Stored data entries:
####################

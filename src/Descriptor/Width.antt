-- ===== src/Descriptor/Width.antt =====
-- `get_idx_width` of bingo_dfg.py: where the float logarithm gives the least width.
use native.Mathlib.Nat.{
  pow-suc, one-le-pow, pow-le-pow_right, add-zero, zero-add, le_of_lt, div-eq_of_lt, div-add-mod',
  mod-lt,
}
use native.Mathlib.Decide.{ℕ_discrete, dec_lt}
use he_mai_a.Prelude.{
  ℕ, zero, suc, ◌+◌, ◌-◌, ◌*◌, ◌/◌, ◌^◌, ◌≤◌, ◌<◌, ◌≡◌, refl, arith, leb, lt→ltb, inl, inr,
  Bool-cases, ap, ◌∙◌,
}
use he_mai_a.Descriptor.Words.{pow-add}
use he_mai_a.Descriptor.{least_width, bit_length, to_double, log2_slack, ceil_log2, idx_width}

lt-two_pow : (n : ℕ) → n < 2 ^ n
lt-two_pow zero = omega arith
lt-two_pow (suc n) = omega (arith, lt-two_pow n, pow-suc 2 n)

-- The search ends at the least width.
abbrev IsLeastWidth : ℕ → ℕ → Type 0
IsLeastWidth n w = (n ≤ 2 ^ w) × ((v : ℕ) → v < w → 2 ^ v < n)

one_more : (w rounds : ℕ) → w + 1 + rounds ≡ w + suc rounds
one_more w rounds = omega arith

up_to : (w n : ℕ) → 2 ^ w < n → ((v : ℕ) → v < w → 2 ^ v < n) → (v : ℕ) → v ≤ w → 2 ^ v < n
up_to w n here below v h = elim (ℕ_discrete v w) [
  | yes same ↦ rw same here
  | no other ↦ below v (omega arith)
]

least_width-IsLeastWidth :
    (rounds w n : ℕ)
    → n ≤ 2 ^ (w + rounds)
    → ((v : ℕ) → v < w → 2 ^ v < n)
    → IsLeastWidth n (least_width rounds w n)
unfolding least_width
least_width-IsLeastWidth zero w n h below = (rw add-zero at h, below)
least_width-IsLeastWidth (suc rounds) w n h below = elim (Bool-cases (leb n (2 ^ w))) [
  | inl fits ↦ rw fits (ground arith, below)
  | inr wide ↦ rw wide (
      least_width-IsLeastWidth rounds (w + 1) n (rw (one_more w rounds) h)
        (λ v hv. up_to w n (ground arith) below v (omega arith)))
]

least : (n : ℕ) → IsLeastWidth n (least_width n 0 n)
least n =
    least_width-IsLeastWidth n 0 n (rw zero-add (le_of_lt (lt-two_pow n))) (λ v none. elim none [ ])

two_pow-le : (a b : ℕ) → a ≤ b → 2 ^ a ≤ 2 ^ b
two_pow-le a b h = pow-le-pow_right {n = 2} (omega arith) {i = a} {j = b} h

-- Below 2 ^ w a number has at most w bits.
bit_length-le : (n w : ℕ) → n < 2 ^ w → bit_length n ≤ w
bit_length-le n w h = elim (dec_lt w (bit_length n)) [
  | yes more ↦ absurd (omega (arith, (least (n + 1)).1 w more))
  | no few ↦ omega arith
]

-- Up to 48 the floats are close enough that only a power of two has a whole logarithm.
log2_slack-zero : (k : ℕ) → k ≤ 48 → log2_slack k ≡ 0
unfolding log2_slack
log2_slack-zero k h =
    let bits : bit_length k ≤ 6 = bit_length-le k 6 (omega arith) in
    div-eq_of_lt (omega (arith, two_pow-le (k + bit_length k) 54 (omega arith)))

-- A width below 49 is wide enough.
le-ceil_log2 : (x : ℕ) → ceil_log2 x < 49 → x ≤ 2 ^ ceil_log2 x
unfolding ceil_log2
le-ceil_log2 x h =
    let k = least_width x 0 x - 1 in
    elim (Bool-cases (leb x (2 ^ k + log2_slack k))) [
      | inl down ↦
          let low : k < 49 = rw down at h in
          rw down (ground (arith, log2_slack-zero k (omega arith)))
      | inr up ↦ rw up ((least x).0)
    ]

to_double-small : (n : ℕ) → n < 2 ^ 53 → to_double n ≡ n
unfolding to_double
to_double-small n h =
    let bits : bit_length n - 53 ≡ 0 = omega (arith, bit_length-le n 53 h) in rw bits (ground arith)

two_pow_pos : (k : ℕ) → 0 < 2 ^ k
two_pow_pos k = one-le-pow k 2 (omega arith)

rounded-large : (n unit : ℕ) → 0 < unit → 2 ^ 52 * unit ≤ n → 2 ^ 49 < n / unit * unit
rounded-large n unit positive h = omega (arith, div-add-mod' n unit, mod-lt n {m = unit} positive)

-- A number of more than 53 bits has a unit whose multiples by 2 ^ 52 it reaches.
unit-le : (n : ℕ) → 2 ^ 53 ≤ n → 2 ^ 52 * 2 ^ (bit_length n - 53) ≤ n
unit-le n h =
    let wide : 53 < bit_length n = elim (dec_lt 53 (bit_length n)) [
      | yes more ↦ more
      | no few ↦
          absurd (omega (arith, (least (n + 1)).0, two_pow-le (bit_length n) 53 (omega arith)))
    ] in
    omega (
      arith,
      (least (n + 1)).1 (52 + (bit_length n - 53)) (omega arith),
      pow-add 52 (bit_length n - 53),
    )

to_double-large : (n : ℕ) → 2 ^ 53 ≤ n → 2 ^ 49 < to_double n
unfolding to_double
to_double-large n h =
    let unit = 2 ^ (bit_length n - 53) in
    let large = rounded-large n unit (two_pow_pos (bit_length n - 53)) (unit-le n h) in
    ground (arith, large)

-- A width below 49 numbers the items.
le-idx_width : (n : ℕ) → 1 < n → idx_width n < 49 → n ≤ 2 ^ idx_width n
unfolding idx_width
le-idx_width n many h =
    let low : ceil_log2 (to_double n) < 49 = rw (lt→ltb 1 n many) at h in
    rw (lt→ltb 1 n many) (elim (dec_lt n (2 ^ 53)) [
      | yes exact ↦ omega (arith, le-ceil_log2 (to_double n) low, to_double-small n exact)
      | no large ↦ absurd (
          omega (
            arith,
            le-ceil_log2 (to_double n) low,
            to_double-large n (omega arith),
            two_pow-le (ceil_log2 (to_double n)) 48 (omega arith),
          ))
    ])

-- An index below `n` fits, if the width is one that a descriptor has room for.
pub lt-idx_width : (n i : ℕ) → i < n → idx_width n < 49 → i < 2 ^ idx_width n
lt-idx_width n i h low = elim (dec_lt 1 n) [
  | yes many ↦ omega (arith, le-idx_width n many low)
  | no one ↦ let e : i ≡ 0 = omega arith in rw e (one-le-pow (idx_width n) 2 (omega arith))
]

ceil_log2-exact : (x : ℕ) → 1 < x → x ≤ 2 ^ 49 → ceil_log2 x ≡ least_width x 0 x
unfolding ceil_log2
ceil_log2-exact x many h =
    let w = least_width x 0 x in
    let some_bits : 0 < w = elim (dec_lt 0 w) [
      | yes positive ↦ positive
      | no none ↦ absurd (omega (arith, (least x).0, two_pow-le w 0 (omega arith)))
    ] in
    let low : w ≤ 49 = elim (dec_lt 49 w) [
      | yes more ↦ absurd (omega (arith, (least x).1 49 more))
      | no few ↦ omega arith
    ] in
    ground (arith, log2_slack-zero (w - 1) (omega arith), (least x).1 (w - 1) (omega arith))

-- From 2 up to 2 ^ 49 items the index width, which is computed with a float logarithm, is the least
-- number of bits that numbers the items.
pub idx_width-IsLeastWidth :
    (n : ℕ) → 1 < n → n ≤ 2 ^ 49 → (n ≤ 2 ^ idx_width n) × ((v : ℕ) → v < idx_width n → 2 ^ v < n)
unfolding idx_width
idx_width-IsLeastWidth n many h =
    let same : ceil_log2 (to_double n) ≡ least_width n 0 n =
      ap ceil_log2 (to_double-small n (omega arith)) ∙ ceil_log2-exact n many h in
    rw (lt→ltb 1 n many) (rw same (least n))

least-of_next : (n : ℕ) → n ≡ 2 ^ 49 + 1 → least_width n 0 n ≡ 50
least-of_next n h = elim (dec_lt (least_width n 0 n) 50) [
  | yes few ↦ absurd (omega (arith, (least n).0, two_pow-le (least_width n 0 n) 49 (omega arith)))
  | no enough ↦ elim (dec_lt 50 (least_width n 0 n)) [
    | yes more ↦ absurd (omega (arith, (least n).1 50 more))
    | no few ↦ omega arith
  ]
]

slack-49 : log2_slack 49 ≡ 1
unfolding log2_slack
slack-49 = refl

ceil_log2-of_next : (n : ℕ) → n ≡ 2 ^ 49 + 1 → ceil_log2 n ≡ 49
unfolding ceil_log2
ceil_log2-of_next n h = rw (least-of_next n h) (ground (arith, slack-49))

-- One item more gets a bit less than it needs.
next_width : (n : ℕ) → n ≡ 2 ^ 49 + 1 → idx_width n ≡ 49
unfolding idx_width
next_width n h =
    rw (lt→ltb 1 n (omega arith))
      (ap ceil_log2 (to_double-small n (omega arith)) ∙ ceil_log2-of_next n h)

####################

TASK PROMPT → From the line that has "ceil_log2-exact x many" through the line that has "rw (lt→ltb 1 n (omega arith))", copy every line exactly as it appears above, and leave out all others.

TASK SOLUTION →
ceil_log2-exact x many h =
    let w = least_width x 0 x in
    let some_bits : 0 < w = elim (dec_lt 0 w) [
      | yes positive ↦ positive
      | no none ↦ absurd (omega (arith, (least x).0, two_pow-le w 0 (omega arith)))
    ] in
    let low : w ≤ 49 = elim (dec_lt 49 w) [
      | yes more ↦ absurd (omega (arith, (least x).1 49 more))
      | no few ↦ omega arith
    ] in
    ground (arith, log2_slack-zero (w - 1) (omega arith), (least x).1 (w - 1) (omega arith))

-- From 2 up to 2 ^ 49 items the index width, which is computed with a float logarithm, is the least
-- number of bits that numbers the items.
pub idx_width-IsLeastWidth :
    (n : ℕ) → 1 < n → n ≤ 2 ^ 49 → (n ≤ 2 ^ idx_width n) × ((v : ℕ) → v < idx_width n → 2 ^ v < n)
unfolding idx_width
idx_width-IsLeastWidth n many h =
    let same : ceil_log2 (to_double n) ≡ least_width n 0 n =
      ap ceil_log2 (to_double-small n (omega arith)) ∙ ceil_log2-exact n many h in
    rw (lt→ltb 1 n many) (rw same (least n))

least-of_next : (n : ℕ) → n ≡ 2 ^ 49 + 1 → least_width n 0 n ≡ 50
least-of_next n h = elim (dec_lt (least_width n 0 n) 50) [
  | yes few ↦ absurd (omega (arith, (least n).0, two_pow-le (least_width n 0 n) 49 (omega arith)))
  | no enough ↦ elim (dec_lt 50 (least_width n 0 n)) [
    | yes more ↦ absurd (omega (arith, (least n).1 50 more))
    | no few ↦ omega arith
  ]
]

slack-49 : log2_slack 49 ≡ 1
unfolding log2_slack
slack-49 = refl

ceil_log2-of_next : (n : ℕ) → n ≡ 2 ^ 49 + 1 → ceil_log2 n ≡ 49
unfolding ceil_log2
ceil_log2-of_next n h = rw (least-of_next n h) (ground (arith, slack-49))

-- One item more gets a bit less than it needs.
next_width : (n : ℕ) → n ≡ 2 ^ 49 + 1 → idx_width n ≡ 49
unfolding idx_width
next_width n h =
    rw (lt→ltb 1 n (omega arith))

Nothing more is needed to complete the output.